South African Journal of Chemical Engineering (Apr 2021)
Comparative analysis of RSM, ANN and ANFIS and the mechanistic modeling in eriochrome black-T dye adsorption using modified clay
Abstract
ABSTRACT: The application of artificial neural network (ANN), response surface methodology (RSM), and adaptive neuro-fuzzy inference system (ANFIS) in modeling the uptake of Eriochrome black-T (EBT) dye from aqueous solution using Nteje clay was the focus of this work. Acid activation with hydrochloric acid (HCl) was used to prepare the adsorbent while Fourier transform infrared spectroscopy (FTIR) and scanning electron microscopy (SEM) were utilized in the characterization of the adsorbent. The ANN, RSM, and ANFIS models were analyzed by considering the adsorbent dosage, contact time, solution temperature, and pH of the adsorption process. Sensitivity analyses involving six statistical error functions were further used to compare the acceptability of the models.
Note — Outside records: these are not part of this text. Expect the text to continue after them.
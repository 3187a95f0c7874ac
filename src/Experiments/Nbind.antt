-- ===== src/Experiments/Nbind.antt =====
-- The class `Rocksdb` of bindings-using-nbind/hello.cc.
use rocksdb_ts.Prelude.{Option, none, some}
use rocksdb_ts.Host.{Host, Address, Bytes}
use rocksdb_ts.Machine.{M, pure, ◌>>=◌}
use rocksdb_ts.Experiments.PromiseWorker.{Ending, returns, throws, throws_other}

-- The field `db` has no value before the first `Open`.
pub record Rocksdb : Type 0 where
  pub db : Option Address

-- The constructor.
abbrev pub new_rocksdb : Rocksdb
new_rocksdb = record { db = none }

module _ ⦃h : Host⦄ where
  abbrev opened : Ending (h.rocks.Status × Address) → Rocksdb → Ending (h.rocks.Status × Rocksdb)
  opened (returns (status, p)) self = returns (status, record self { db = some p })
  opened (throws what) self = throws what
  opened throws_other self = throws_other

  -- `Open`, given `DB::Open`.
  unfoldable pub open_rocksdb :
      (Address → Bytes → M (Ending (h.rocks.Status × Address)))
      → Address
      → Bytes
      → Rocksdb
      → M (Ending (h.rocks.Status × Rocksdb))
  open_rocksdb db_open options name self = do r ← db_open options name; pure (opened r self)

  -- The destructor, which is empty.
  unfoldable pub destruct_rocksdb : Rocksdb → M (Unit {0})
  destruct_rocksdb self = pure tt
Four mechanistic models (Weber and Morris, Film diffusion, Bangham, and Dummwald-Wagner models) were used to determine the mechanism of the EBT uptake. The result showed that the activation process enhanced the adsorption capacity of the clay. The ANFIS, ANN, and RSM models gave a high accuracy in predicting the adsorption of the EBT dye with correlation coefficients of 0.9920, 0.9910, and 0.9541, respectively. Further statistical indices lent credence to ANFIS as the best predictive model and RSM the least in adsorption of EBT dye. Process optimization using genetic algorithm gave optimum adsorption efficiency of 95.8%. Mechanistic modeling indicated film diffusion as the rate-limiting mechanism. The maximum amount of EBT adsorbed was 24.04 mg/g. The HCl-modified clay could be utilized as an efficient adsorbent in EBT uptake from wastewater.